- **PROBLEM**:
Your answer should consist solely of the lines from the first line of the data through the line with "(packet.ingress ≡ n3)", each reproduced exactly.

- **DATA PROVIDED**:
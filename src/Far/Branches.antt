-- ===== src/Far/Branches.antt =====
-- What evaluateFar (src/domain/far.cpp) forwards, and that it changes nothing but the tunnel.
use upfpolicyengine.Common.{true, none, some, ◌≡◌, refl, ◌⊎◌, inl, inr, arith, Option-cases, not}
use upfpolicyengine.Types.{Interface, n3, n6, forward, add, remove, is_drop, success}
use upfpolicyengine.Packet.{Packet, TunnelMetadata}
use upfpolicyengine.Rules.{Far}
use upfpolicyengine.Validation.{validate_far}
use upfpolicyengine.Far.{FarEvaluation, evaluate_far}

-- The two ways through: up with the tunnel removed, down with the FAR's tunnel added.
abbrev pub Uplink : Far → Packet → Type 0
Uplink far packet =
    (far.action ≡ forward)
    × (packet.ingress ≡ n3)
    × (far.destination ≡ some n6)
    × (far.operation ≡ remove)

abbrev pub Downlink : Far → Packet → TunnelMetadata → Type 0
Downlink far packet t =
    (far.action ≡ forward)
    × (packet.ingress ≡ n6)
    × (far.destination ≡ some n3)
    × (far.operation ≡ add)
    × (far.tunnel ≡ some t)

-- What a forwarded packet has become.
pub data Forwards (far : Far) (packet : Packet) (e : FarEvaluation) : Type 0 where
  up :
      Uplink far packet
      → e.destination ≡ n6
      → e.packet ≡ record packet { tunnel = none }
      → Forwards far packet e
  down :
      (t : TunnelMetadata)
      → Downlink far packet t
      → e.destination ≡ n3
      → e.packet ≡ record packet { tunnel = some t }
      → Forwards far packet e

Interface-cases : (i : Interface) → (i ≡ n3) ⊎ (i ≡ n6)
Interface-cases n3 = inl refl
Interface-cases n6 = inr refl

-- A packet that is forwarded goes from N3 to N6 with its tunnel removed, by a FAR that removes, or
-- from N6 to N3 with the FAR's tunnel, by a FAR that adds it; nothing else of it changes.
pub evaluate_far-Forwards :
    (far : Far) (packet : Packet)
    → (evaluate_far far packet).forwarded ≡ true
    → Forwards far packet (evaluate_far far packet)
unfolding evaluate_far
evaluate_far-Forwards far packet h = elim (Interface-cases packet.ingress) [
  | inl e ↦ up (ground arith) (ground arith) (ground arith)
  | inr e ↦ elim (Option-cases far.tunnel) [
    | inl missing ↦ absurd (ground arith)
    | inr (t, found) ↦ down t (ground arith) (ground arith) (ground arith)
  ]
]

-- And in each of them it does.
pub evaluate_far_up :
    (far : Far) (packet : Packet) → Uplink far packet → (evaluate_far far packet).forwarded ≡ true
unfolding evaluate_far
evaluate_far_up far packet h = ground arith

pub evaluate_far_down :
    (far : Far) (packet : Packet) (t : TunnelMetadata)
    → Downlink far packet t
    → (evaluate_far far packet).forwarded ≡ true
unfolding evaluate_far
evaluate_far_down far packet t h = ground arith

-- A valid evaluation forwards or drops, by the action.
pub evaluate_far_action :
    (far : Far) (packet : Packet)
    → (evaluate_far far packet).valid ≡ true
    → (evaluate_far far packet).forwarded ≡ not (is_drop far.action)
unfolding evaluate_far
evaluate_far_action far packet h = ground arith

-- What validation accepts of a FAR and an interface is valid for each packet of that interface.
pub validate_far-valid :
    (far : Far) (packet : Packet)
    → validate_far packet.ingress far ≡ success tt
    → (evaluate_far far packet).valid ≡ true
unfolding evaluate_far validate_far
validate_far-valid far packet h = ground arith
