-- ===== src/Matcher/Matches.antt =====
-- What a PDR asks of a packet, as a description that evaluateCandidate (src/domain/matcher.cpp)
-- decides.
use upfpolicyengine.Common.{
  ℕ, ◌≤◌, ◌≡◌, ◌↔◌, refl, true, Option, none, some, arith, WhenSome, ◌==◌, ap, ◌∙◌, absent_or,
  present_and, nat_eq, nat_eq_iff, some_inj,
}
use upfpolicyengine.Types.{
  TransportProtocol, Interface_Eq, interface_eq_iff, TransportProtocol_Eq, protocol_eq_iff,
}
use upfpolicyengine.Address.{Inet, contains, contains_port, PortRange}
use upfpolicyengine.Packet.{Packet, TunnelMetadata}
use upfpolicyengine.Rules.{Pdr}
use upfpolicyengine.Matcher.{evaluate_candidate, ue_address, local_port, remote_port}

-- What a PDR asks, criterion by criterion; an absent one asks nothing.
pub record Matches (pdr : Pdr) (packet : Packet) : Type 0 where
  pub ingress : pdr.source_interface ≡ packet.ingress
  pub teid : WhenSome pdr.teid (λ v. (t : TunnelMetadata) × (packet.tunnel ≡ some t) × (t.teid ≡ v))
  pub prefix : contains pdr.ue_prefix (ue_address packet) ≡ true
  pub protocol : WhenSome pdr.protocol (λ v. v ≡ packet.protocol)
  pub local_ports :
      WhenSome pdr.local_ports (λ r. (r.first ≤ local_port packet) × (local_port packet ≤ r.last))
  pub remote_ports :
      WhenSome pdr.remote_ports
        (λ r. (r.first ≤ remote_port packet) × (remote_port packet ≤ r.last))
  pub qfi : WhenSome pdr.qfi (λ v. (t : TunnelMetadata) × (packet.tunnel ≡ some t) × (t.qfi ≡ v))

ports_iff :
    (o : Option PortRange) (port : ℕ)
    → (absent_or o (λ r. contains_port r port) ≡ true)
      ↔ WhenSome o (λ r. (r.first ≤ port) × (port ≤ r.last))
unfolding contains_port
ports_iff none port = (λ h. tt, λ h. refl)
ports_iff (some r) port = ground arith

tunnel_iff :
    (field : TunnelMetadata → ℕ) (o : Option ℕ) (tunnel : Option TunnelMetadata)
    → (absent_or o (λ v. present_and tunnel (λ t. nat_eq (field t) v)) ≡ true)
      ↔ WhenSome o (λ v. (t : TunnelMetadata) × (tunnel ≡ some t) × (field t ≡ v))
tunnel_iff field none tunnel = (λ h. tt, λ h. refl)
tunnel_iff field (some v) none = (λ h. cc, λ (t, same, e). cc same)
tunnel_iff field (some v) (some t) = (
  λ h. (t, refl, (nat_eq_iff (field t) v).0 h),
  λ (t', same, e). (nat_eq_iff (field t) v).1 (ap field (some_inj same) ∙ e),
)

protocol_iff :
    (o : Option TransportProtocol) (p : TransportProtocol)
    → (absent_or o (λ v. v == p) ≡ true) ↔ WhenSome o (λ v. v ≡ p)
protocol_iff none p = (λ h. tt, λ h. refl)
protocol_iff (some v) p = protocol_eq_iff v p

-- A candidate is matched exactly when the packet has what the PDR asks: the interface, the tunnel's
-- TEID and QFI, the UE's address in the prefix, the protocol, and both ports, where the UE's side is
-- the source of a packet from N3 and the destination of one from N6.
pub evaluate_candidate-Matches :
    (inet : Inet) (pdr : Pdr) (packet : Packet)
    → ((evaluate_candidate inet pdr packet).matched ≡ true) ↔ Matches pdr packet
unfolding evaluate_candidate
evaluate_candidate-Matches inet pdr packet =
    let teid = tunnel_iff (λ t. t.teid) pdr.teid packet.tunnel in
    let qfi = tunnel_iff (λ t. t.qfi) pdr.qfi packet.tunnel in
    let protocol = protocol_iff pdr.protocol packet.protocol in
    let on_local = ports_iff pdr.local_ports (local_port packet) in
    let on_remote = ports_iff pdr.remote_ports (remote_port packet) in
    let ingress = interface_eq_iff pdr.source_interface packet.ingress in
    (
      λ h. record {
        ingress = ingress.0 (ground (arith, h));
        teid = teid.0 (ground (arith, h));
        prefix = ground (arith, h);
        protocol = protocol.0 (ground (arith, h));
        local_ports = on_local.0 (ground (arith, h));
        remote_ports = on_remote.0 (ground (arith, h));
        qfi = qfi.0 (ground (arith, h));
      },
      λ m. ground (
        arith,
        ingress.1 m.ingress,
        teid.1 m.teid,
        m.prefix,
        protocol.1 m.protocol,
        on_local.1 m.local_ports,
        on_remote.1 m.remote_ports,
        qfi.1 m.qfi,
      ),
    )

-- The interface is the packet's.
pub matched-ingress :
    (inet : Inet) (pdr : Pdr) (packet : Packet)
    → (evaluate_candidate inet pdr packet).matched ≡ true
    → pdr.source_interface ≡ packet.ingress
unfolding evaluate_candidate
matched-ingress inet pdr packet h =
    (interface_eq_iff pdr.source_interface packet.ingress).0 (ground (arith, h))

- **EXERCISE OUTPUT**:
filename src/Far/Branches.antt
-- ===== src/Far/Branches.antt =====
-- What evaluateFar (src/domain/far.cpp) forwards, and that it changes nothing but the tunnel.
use upfpolicyengine.Common.{true, none, some, ◌≡◌, refl, ◌⊎◌, inl, inr, arith, Option-cases, not}
use upfpolicyengine.Types.{Interface, n3, n6, forward, add, remove, is_drop, success}
use upfpolicyengine.Packet.{Packet, TunnelMetadata}
use upfpolicyengine.Rules.{Far}
use upfpolicyengine.Validation.{validate_far}
use upfpolicyengine.Far.{FarEvaluation, evaluate_far}

-- The two ways through: up with the tunnel removed, down with the FAR's tunnel added.
abbrev pub Uplink : Far → Packet → Type 0
Uplink far packet =
    (far.action ≡ forward)
    × (packet.ingress ≡ n3)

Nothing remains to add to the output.